What is being asked -
Lift out each line of the data that holds "AllPieces".

Excerpted records -

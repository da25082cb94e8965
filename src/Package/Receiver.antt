-- ===== src/Package/Receiver.antt =====
-- What src/task_msg.cpp's two receivers, MsgServer::recvData and MsgClient::recvData, have in common:
-- bytes go into a ring buffer, and a call handles one package at most.
use task_monitor.Base.{
  ℕ, suc, ◌+◌, ◌-◌, ◌≤◌, ◌<◌, ◌≡◌, List, [], ◌∷◌, ◌++◌, Option, none, some, arith, length,
  length-append, leb, u32_mod, Bool-cases, inl, inr, if◌then◌else◌,
}
use task_monitor.Ring.{RingBuf, IsRing}
use task_monitor.Package.{data_head_len}
use task_monitor.Package.Frame.{frame, length-frame}
use task_monitor.Send.{◌>>=◌}

pub data AllPieces : List (List ℕ) → Type 0 where
  no_piece : AllPieces []
  one_more :
      {piece : List ℕ} {pieces : List (List ℕ)}
      → 0 < length piece
      → AllPieces pieces
      → AllPieces (piece ∷ pieces)

-- A package as it stands on the wire.
pub record Message : Type 0 where
  pub req_id : ℕ
  pub text : List ℕ

abbrev pub size : Message → ℕ
size r = 8 + length r.text

abbrev pub frames : List Message → List ℕ
frames [] = []
frames (r ∷ rs) = frame r.req_id r.text ++ frames rs

-- The numbers fit their fields, and there is some text.
pub record IsSound (r : Message) : Type 0 where
  pub id_bound : r.req_id < u32_mod
  pub text_bound : length r.text + data_head_len < u32_mod
  pub not_empty : 0 < length r.text

abbrev pub AllSound : List Message → Type 0
AllSound [] = Unit
AllSound (r ∷ rs) = IsSound r × AllSound rs

abbrev pub all_of : List (List ℕ) → List ℕ
all_of [] = []
all_of (p ∷ ps) = p ++ all_of ps

-- A queue: how many packages are handled, when `have` bytes of the first of `todo` are there and
-- the pieces arrive. A piece that completes the first lets it be handled, and no other.
abbrev pub handled : ℕ → List Message → List (List ℕ) → ℕ
handled have todo [] = 0
handled have [] (p ∷ ps) = 0
handled have (r ∷ todo) (p ∷ ps) =
    let next = handled (have + length p - size r) todo ps in
    let wait = handled (have + length p) (r ∷ todo) ps in
    if leb (size r) (have + length p) then suc next else wait

-- No more packages are handled than pieces arrive, nor more than there are.
pub handled_le :
    (have : ℕ) (todo : List Message) (pieces : List (List ℕ))
    → (handled have todo pieces ≤ length pieces) × (handled have todo pieces ≤ length todo)
handled_le have todo [] = (omega arith, omega arith)
handled_le have [] (p ∷ ps) = (omega arith, omega arith)
handled_le have (r ∷ todo) (p ∷ ps) = elim (Bool-cases (leb (size r) (have + length p))) [
  | inl e ↦
      let (a, b) = handled_le (have + length p - size r) todo ps in rw e (omega arith, omega arith)
  | inr e ↦
      let (a, b) = handled_le (have + length p) (r ∷ todo) ps in rw e (omega arith, omega arith)
]

-- No piece is longer than this.
abbrev pub AllWithin : ℕ → List (List ℕ) → Type 0
AllWithin n [] = Unit
AllWithin n (p ∷ ps) = (length p ≤ n) × AllWithin n ps

-- Fewer bytes are there than the first message has.
abbrev Short : ℕ → List Message → Type 0
Short have [] = have ≡ 0
Short have (r ∷ todo) = have < size r

pub Short-start : (todo : List Message) → Short 0 todo
Short-start [] = omega arith
Short-start (r ∷ todo) = omega arith

length-frames :
    (r : Message) (todo : List Message) → length (frames (r ∷ todo)) ≡ size r + length (frames todo)
length-frames r todo =
    let a = length-append (frame r.req_id r.text) (frames todo) in
    let b = length-frame r.req_id r.text in omega arith

-- What is left of a piece of nine bytes or less that completes a message completes no other.
next_Short :
    (left : ℕ) (rest : ℕ) (todo : List Message)
    → AllSound todo
    → left < 9
    → left + rest ≡ length (frames todo)
    → Short left todo
next_Short left rest [] sound h e = omega arith
next_Short left rest (r ∷ todo) (sound, sounds) h e = omega (arith, sound.not_empty)

-- If no piece is longer than the shortest message can be, all messages are handled once all of
-- their bytes are there.
pub handled_all :
    (have : ℕ) (todo : List Message) (pieces : List (List ℕ))
    → AllSound todo
    → AllWithin 9 pieces
    → Short have todo
    → have + length (all_of pieces) ≡ length (frames todo)
    → handled have todo pieces ≡ length todo
handled_all have [] [] sound within short e = omega arith
handled_all have [] (p ∷ ps) sound within short e = omega arith
handled_all have (r ∷ todo) [] (sound, sounds) within short e =
    let a = length-frames r todo in absurd (omega arith)
handled_all have (r ∷ todo) (p ∷ ps) (sound, sounds) (small, within) short e =
    let a = length-frames r todo in
    let b = length-append p (all_of ps) in
    elim (Bool-cases (leb (size r) (have + length p))) [
      | inl done ↦
          let big : size r ≤ have + length p = ground arith in
          let left = have + length p - size r in
          let e' : left + length (all_of ps) ≡ length (frames todo) = omega arith in
          let start = next_Short left (length (all_of ps)) todo sounds (omega arith) e' in
          let rest = handled_all left todo ps sounds within start e' in rw done (omega arith)
      | inr undone ↦
          let little : have + length p < size r = ground arith in
          let rest =
            handled_all (have + length p) (r ∷ todo) ps (sound, sounds) within little
              (omega arith) in
          rw undone rest
    ]

module _ (rb : RingBuf) (ring : IsRing rb) where
  open ring use {contents}

  -- A ring buffer that takes all of a write while no more than `room` bytes are in it.
  abbrev pub HasRoom : ℕ → Type 0
  HasRoom room =
      (b : rb.Buf) (bytes : List ℕ)
      → length (contents b) + length bytes ≤ room
      → (rb.write_data b bytes).1 ≡ length bytes

  -- A receiver: its state, which has a ring buffer, what it does with bytes, and with a package.
  pub record Receiver : Type 1 where
    pub State : Type 0
    pub buf : State → rb.Buf
    pub with_buf : rb.Buf → State → State
    pub recv : List ℕ → State → Option State
    pub act_on : Message → State → Option State

  module _ (r : Receiver) where
    open r use {State, buf, with_buf, recv, act_on}

    abbrev pub put_buf : rb.Buf → Option State → Option State
    put_buf b none = none
    put_buf b (some s) = some (with_buf b s)

    -- What the two receivers keep to.
    pub record IsReceiver : Type 0 where
      pub buf_with : (b : rb.Buf) (s : State) → buf (with_buf b s) ≡ b
      pub with_own : (s : State) → with_buf (buf s) s ≡ s
      pub with_twice : (b b' : rb.Buf) (s : State) → with_buf b' (with_buf b s) ≡ with_buf b' s
      -- The handling of a package has nothing to do with the ring buffer.
      pub handle_with :
          (b : rb.Buf) (p : Message) (s : State) → act_on p (with_buf b s) ≡ put_buf b (act_on p s)
      -- Bytes that complete a package let it be handled, and leave what follows it.
      pub completes :
          (s : State) (bytes rest : List ℕ) (p : Message)
          → IsSound p
          → contents (buf s) ++ bytes ≡ frame p.req_id p.text ++ rest
          → 0 < length bytes
          → (rb.write_data (buf s) bytes).1 ≡ length bytes
          → (b : rb.Buf) × (contents b ≡ rest) × (recv bytes s ≡ put_buf b (act_on p s))
      -- Bytes that do not are kept.
      pub waits :
          (s : State) (bytes missing : List ℕ) (p : Message)
          → IsSound p
          → (contents (buf s) ++ bytes) ++ missing ≡ frame p.req_id p.text
          → 0 < length bytes
          → 0 < length missing
          → (rb.write_data (buf s) bytes).1 ≡ length bytes
          → (b : rb.Buf) × (contents b ≡ contents (buf s) ++ bytes)
            × (recv bytes s ≡ some (with_buf b s))

    -- The packages handled one after the other, with no ring buffer in play.
    abbrev pub handle_all : List Message → State → Option State
    handle_all [] s = some s
    handle_all (p ∷ ps) s = act_on p s >>= handle_all ps

    -- One call for each piece.
    abbrev pub serve : List (List ℕ) → State → Option State
    serve [] s = some s
    serve (p ∷ ps) s = recv p s >>= serve ps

Response to the exercise -
pub data AllPieces : List (List ℕ) → Type 0 where
  no_piece : AllPieces []
      → AllPieces pieces
      → AllPieces (piece ∷ pieces)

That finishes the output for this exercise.